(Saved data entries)

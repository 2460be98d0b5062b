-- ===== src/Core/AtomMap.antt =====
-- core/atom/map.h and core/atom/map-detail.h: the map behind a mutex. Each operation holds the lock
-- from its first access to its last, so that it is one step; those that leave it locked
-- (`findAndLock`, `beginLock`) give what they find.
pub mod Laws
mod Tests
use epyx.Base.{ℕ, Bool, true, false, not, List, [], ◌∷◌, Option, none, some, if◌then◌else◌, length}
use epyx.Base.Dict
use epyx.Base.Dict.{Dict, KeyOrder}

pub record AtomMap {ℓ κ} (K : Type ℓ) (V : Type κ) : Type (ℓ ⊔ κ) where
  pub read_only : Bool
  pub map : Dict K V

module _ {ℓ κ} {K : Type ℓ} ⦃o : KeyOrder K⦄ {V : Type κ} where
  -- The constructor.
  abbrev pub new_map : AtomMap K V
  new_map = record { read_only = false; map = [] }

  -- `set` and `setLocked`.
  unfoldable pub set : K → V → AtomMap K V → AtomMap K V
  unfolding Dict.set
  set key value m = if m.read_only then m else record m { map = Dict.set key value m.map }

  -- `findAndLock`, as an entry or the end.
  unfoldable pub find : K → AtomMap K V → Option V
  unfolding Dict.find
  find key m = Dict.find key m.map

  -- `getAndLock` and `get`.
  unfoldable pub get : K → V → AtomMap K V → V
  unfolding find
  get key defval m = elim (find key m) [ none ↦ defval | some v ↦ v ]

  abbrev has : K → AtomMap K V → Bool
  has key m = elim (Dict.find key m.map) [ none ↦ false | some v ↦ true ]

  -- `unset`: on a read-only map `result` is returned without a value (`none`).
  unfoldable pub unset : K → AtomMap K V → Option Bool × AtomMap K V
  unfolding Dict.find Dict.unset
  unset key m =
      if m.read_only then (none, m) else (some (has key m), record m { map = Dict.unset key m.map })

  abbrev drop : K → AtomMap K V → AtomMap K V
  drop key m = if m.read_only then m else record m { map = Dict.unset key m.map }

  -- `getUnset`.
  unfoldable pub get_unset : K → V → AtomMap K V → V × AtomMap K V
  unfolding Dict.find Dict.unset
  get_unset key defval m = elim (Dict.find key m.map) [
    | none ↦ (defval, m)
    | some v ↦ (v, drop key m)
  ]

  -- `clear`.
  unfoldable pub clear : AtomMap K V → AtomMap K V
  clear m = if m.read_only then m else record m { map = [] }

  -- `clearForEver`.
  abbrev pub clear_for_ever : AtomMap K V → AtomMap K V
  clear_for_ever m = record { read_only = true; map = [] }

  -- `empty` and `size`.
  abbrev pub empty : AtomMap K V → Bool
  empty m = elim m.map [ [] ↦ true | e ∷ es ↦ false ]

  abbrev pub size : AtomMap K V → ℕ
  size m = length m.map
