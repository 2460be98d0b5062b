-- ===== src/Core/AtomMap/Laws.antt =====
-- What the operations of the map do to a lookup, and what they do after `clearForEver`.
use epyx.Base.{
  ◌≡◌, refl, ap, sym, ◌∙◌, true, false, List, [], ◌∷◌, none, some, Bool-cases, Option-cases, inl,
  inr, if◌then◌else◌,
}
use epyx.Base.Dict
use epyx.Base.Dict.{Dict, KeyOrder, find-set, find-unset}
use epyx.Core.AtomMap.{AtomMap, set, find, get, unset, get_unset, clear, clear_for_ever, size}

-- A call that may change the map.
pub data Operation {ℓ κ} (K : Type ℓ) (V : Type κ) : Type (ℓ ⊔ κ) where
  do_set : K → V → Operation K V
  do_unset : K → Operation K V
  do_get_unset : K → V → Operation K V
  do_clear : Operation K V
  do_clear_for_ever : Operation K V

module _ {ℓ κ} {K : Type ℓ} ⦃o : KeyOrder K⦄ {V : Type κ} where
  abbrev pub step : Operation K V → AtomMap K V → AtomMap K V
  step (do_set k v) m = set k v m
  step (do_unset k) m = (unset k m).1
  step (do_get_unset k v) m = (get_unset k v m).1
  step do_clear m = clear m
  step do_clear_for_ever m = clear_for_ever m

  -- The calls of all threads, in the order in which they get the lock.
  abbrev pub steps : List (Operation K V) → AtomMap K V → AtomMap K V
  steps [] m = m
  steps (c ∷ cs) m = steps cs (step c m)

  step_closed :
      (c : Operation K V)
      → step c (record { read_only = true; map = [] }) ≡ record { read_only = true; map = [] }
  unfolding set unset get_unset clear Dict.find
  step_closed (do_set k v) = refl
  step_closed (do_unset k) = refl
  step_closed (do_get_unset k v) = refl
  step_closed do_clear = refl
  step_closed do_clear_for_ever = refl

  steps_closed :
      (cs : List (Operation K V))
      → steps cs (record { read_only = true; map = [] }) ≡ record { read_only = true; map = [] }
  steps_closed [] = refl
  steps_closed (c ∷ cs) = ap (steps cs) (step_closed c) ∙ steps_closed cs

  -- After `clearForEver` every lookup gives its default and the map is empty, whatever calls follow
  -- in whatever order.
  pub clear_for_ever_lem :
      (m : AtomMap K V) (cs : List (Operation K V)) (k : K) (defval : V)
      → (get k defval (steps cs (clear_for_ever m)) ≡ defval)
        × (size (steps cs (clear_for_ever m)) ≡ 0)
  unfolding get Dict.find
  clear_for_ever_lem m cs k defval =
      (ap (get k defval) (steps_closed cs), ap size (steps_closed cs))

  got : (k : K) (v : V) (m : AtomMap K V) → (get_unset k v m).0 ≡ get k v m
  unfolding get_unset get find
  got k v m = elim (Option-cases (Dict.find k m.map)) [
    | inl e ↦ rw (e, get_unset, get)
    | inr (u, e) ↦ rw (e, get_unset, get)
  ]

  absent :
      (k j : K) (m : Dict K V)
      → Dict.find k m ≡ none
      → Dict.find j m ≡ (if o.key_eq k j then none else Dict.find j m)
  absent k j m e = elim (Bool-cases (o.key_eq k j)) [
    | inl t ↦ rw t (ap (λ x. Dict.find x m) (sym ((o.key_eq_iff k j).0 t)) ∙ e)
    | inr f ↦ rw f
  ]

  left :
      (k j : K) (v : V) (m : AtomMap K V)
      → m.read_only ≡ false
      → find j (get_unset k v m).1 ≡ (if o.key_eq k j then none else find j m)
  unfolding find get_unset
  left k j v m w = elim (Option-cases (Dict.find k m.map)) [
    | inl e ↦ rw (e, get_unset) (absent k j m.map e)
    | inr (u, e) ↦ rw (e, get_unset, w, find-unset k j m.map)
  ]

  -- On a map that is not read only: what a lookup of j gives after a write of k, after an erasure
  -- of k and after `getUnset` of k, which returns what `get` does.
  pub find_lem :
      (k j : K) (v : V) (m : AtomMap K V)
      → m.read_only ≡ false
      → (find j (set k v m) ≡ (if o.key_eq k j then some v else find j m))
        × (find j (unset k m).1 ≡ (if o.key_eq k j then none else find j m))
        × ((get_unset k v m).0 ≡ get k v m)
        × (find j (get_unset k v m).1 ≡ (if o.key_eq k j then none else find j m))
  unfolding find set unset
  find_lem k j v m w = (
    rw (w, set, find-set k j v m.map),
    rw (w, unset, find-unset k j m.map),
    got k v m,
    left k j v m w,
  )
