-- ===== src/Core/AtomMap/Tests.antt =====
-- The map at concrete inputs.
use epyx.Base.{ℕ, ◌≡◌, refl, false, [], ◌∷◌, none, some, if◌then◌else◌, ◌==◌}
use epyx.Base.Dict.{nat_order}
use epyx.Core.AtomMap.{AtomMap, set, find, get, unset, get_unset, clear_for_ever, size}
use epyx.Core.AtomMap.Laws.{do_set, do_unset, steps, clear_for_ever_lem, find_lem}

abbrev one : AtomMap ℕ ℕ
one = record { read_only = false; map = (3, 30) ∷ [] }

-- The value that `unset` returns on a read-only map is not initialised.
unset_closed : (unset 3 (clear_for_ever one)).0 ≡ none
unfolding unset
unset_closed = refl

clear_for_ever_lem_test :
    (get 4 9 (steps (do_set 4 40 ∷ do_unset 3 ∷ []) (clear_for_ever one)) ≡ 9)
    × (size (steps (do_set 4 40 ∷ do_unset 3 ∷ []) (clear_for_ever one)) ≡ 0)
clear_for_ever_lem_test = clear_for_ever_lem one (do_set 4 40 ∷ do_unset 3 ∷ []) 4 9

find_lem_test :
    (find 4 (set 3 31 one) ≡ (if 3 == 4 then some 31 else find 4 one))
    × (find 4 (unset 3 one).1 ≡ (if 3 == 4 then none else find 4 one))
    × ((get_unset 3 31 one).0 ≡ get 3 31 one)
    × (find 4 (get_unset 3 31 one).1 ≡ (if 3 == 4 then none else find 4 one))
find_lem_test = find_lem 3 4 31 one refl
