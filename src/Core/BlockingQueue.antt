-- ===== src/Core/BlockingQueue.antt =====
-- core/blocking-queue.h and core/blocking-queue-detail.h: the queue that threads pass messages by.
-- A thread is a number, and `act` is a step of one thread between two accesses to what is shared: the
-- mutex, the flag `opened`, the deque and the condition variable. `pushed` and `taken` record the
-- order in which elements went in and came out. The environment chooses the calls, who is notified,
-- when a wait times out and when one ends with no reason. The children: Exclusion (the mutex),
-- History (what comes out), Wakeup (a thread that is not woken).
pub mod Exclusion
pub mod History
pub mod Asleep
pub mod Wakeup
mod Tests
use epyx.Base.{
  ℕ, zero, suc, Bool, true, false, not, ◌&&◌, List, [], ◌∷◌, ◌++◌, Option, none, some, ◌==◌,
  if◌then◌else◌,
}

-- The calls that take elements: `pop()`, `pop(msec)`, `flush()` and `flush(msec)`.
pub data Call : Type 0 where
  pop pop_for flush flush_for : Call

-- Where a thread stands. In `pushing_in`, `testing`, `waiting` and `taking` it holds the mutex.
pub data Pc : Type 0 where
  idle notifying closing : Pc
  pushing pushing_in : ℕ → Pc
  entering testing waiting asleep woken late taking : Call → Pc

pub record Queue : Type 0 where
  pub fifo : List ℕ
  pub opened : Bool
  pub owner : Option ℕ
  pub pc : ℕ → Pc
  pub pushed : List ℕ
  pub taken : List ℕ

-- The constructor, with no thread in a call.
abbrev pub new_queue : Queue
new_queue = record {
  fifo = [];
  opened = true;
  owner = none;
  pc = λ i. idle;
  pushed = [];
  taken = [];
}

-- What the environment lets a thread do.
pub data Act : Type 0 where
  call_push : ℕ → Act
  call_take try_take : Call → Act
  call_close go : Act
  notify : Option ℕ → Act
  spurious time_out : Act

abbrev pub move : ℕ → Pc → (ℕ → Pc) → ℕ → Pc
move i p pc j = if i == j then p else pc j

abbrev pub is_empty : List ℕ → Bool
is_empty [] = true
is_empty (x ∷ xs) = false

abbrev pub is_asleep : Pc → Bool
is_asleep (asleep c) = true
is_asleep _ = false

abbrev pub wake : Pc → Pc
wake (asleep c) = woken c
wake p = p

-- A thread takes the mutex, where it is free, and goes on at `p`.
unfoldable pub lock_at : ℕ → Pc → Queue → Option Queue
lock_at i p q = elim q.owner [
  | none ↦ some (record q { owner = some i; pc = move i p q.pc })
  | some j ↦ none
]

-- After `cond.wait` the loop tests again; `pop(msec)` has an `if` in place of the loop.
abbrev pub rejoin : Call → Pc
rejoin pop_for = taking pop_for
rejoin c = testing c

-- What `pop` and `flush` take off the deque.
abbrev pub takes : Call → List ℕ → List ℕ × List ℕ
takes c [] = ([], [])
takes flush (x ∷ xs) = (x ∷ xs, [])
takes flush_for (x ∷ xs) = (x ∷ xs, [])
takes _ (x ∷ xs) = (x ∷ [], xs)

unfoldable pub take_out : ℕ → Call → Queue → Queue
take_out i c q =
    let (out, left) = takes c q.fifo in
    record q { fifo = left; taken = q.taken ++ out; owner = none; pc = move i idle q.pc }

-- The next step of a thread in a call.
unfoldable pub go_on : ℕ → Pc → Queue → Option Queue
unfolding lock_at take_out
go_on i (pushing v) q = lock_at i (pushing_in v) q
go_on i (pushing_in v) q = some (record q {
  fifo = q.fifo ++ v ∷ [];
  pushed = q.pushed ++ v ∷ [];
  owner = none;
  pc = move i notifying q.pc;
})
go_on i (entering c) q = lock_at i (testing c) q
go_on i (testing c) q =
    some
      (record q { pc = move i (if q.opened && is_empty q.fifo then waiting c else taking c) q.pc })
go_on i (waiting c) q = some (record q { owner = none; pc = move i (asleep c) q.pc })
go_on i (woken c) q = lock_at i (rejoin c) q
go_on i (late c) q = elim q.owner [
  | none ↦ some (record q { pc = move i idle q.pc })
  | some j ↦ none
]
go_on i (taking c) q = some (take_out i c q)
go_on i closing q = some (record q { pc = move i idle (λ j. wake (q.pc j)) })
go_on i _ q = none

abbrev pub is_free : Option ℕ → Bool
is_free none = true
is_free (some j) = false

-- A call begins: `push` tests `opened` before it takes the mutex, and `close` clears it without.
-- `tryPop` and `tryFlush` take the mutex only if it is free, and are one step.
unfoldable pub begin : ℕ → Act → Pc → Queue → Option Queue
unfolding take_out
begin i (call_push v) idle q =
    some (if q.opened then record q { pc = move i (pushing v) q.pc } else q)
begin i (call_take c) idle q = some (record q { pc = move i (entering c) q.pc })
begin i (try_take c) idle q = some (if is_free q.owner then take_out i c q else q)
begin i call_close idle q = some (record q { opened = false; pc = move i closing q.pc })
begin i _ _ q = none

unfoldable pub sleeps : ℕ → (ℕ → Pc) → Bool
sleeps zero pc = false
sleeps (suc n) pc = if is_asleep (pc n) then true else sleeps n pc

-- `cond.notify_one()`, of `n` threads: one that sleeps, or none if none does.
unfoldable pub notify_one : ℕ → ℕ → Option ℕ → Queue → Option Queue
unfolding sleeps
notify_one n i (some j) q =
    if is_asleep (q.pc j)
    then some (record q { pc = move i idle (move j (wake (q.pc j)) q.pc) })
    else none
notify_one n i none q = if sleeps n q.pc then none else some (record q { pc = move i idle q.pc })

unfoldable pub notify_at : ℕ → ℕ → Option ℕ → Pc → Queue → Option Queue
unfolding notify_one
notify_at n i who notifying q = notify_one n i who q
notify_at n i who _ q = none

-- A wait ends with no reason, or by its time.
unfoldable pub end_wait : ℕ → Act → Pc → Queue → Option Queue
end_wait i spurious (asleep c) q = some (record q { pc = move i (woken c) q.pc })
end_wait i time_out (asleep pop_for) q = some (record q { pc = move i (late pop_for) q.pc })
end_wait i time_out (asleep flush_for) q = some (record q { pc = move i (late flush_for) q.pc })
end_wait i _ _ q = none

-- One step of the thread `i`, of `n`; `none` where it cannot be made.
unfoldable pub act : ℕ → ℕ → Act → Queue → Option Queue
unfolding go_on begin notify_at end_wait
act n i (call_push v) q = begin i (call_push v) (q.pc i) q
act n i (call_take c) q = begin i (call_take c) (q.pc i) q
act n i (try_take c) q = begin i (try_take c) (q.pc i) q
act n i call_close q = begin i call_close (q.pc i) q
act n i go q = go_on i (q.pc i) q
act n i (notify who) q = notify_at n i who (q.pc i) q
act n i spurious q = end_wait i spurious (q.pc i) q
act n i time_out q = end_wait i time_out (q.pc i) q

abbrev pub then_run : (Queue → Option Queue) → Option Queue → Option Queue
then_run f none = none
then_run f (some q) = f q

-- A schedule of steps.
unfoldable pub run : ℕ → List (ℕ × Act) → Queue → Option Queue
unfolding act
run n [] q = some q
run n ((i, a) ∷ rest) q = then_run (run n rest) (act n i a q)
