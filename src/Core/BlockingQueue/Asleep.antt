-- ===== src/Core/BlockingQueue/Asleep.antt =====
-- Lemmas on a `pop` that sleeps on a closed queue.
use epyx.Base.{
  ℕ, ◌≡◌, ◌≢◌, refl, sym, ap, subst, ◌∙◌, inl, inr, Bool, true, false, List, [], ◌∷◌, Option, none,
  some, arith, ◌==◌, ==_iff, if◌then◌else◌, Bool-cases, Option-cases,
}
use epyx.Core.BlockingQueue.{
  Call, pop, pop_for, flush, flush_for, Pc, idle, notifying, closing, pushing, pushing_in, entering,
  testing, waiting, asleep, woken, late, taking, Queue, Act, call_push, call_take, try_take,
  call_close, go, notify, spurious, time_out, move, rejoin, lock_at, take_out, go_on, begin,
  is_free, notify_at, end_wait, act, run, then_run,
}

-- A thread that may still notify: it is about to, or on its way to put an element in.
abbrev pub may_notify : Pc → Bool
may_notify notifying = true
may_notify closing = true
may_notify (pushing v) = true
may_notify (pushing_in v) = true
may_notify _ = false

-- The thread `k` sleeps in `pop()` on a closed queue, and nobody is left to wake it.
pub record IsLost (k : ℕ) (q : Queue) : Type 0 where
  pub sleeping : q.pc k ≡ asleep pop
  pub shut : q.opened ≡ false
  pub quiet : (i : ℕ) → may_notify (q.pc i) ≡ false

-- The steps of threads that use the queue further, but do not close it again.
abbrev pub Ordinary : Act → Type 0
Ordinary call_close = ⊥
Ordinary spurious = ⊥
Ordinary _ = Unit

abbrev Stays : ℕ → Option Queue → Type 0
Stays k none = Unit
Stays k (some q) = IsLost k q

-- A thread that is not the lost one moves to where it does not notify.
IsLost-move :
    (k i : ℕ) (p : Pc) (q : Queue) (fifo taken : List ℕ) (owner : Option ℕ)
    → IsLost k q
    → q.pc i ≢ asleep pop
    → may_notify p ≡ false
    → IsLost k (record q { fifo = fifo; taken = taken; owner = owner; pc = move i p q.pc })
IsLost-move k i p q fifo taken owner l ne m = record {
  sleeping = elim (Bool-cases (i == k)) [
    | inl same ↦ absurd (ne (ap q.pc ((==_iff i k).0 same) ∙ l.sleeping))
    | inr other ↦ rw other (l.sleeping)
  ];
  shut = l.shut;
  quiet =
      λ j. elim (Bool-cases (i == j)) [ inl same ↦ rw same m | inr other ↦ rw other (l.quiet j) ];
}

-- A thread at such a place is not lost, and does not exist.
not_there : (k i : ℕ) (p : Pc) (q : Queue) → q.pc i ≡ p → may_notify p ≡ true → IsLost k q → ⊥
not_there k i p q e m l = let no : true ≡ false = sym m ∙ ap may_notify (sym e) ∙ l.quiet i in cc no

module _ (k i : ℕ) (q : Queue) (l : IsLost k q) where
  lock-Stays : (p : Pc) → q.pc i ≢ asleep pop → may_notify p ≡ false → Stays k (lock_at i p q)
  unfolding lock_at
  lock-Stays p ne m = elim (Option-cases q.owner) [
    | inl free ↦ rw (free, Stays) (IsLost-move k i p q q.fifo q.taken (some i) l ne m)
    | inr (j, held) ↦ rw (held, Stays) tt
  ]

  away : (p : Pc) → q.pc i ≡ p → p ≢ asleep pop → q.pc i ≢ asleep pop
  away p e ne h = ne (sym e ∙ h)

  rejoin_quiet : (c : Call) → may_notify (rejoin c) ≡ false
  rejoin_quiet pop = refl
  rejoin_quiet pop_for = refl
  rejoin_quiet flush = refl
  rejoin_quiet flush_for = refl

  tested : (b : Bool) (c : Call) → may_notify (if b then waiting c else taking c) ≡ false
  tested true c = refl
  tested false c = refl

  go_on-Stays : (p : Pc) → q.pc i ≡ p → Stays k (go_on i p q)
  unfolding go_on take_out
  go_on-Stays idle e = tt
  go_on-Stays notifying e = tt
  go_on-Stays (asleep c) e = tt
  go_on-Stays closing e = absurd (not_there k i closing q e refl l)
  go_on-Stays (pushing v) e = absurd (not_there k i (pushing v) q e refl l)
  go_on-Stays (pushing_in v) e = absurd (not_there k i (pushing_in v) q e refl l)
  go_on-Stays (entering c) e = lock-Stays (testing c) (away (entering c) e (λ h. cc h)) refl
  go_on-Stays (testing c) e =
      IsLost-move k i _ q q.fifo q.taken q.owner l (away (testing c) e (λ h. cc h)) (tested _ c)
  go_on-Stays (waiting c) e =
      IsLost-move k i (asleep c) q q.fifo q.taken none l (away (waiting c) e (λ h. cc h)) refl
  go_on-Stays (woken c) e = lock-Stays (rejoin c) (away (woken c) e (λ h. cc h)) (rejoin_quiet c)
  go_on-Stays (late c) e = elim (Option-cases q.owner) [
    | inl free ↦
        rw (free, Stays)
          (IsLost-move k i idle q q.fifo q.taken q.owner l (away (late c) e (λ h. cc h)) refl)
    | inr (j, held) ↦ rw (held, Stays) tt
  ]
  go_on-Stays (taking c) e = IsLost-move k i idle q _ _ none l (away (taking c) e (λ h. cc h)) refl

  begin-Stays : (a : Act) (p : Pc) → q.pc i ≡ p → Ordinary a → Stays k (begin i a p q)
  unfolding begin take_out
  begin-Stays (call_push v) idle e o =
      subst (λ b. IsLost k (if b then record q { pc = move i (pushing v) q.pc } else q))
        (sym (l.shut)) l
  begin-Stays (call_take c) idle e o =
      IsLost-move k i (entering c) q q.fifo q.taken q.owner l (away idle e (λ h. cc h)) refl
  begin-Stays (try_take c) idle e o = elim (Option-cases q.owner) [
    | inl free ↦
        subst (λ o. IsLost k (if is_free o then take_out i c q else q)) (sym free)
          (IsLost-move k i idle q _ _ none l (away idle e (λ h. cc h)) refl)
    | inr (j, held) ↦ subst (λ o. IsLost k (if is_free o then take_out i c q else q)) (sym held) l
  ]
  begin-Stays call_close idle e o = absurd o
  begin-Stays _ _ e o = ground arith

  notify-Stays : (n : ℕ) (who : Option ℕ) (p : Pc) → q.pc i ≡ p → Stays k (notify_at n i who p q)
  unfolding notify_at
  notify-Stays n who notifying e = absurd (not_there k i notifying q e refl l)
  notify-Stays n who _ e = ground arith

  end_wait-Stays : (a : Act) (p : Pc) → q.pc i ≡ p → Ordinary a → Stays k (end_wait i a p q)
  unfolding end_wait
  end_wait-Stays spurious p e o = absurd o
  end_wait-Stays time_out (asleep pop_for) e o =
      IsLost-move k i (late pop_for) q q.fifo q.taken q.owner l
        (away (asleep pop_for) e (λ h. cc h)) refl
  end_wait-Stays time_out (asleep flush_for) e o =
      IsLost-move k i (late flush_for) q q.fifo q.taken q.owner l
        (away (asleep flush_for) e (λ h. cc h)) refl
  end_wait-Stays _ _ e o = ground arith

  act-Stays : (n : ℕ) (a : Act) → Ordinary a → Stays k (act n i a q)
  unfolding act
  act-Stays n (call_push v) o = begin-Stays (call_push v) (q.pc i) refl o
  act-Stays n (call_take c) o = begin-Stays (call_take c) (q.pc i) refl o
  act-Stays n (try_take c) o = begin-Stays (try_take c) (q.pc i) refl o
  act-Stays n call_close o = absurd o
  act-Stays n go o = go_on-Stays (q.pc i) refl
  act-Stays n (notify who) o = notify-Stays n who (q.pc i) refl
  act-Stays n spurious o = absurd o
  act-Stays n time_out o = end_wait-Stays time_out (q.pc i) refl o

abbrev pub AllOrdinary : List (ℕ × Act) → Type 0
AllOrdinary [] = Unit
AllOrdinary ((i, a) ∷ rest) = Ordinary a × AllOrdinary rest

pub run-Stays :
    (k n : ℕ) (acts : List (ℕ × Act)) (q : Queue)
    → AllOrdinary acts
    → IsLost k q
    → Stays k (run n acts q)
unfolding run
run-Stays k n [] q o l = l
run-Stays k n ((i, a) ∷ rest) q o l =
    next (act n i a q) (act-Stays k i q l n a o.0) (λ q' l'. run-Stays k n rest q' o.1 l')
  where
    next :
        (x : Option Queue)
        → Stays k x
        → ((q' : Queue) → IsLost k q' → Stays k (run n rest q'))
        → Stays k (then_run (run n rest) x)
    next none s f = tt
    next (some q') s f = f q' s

### WORK ITEM
Take exactly the lines from the one containing "none ↦ (defval, m)" through the one containing "empty m = elim" in the data above, and output them with nothing added.

### YOUR RESPONSE
    | none ↦ (defval, m)
    | some v ↦ (v, drop key m)
  ]

  -- `clear`.
  unfoldable pub clear : AtomMap K V → AtomMap K V
  clear m = if m.read_only then m else record m { map = [] }

  -- `clearForEver`.
  abbrev pub clear_for_ever : AtomMap K V → AtomMap K V
  clear_for_ever m = record { read_only = true; map = [] }

  -- `empty` and `size`.
  abbrev pub empty : AtomMap K V → Bool
  empty m = elim m.map [ [] ↦ true | e ∷ es ↦ false ]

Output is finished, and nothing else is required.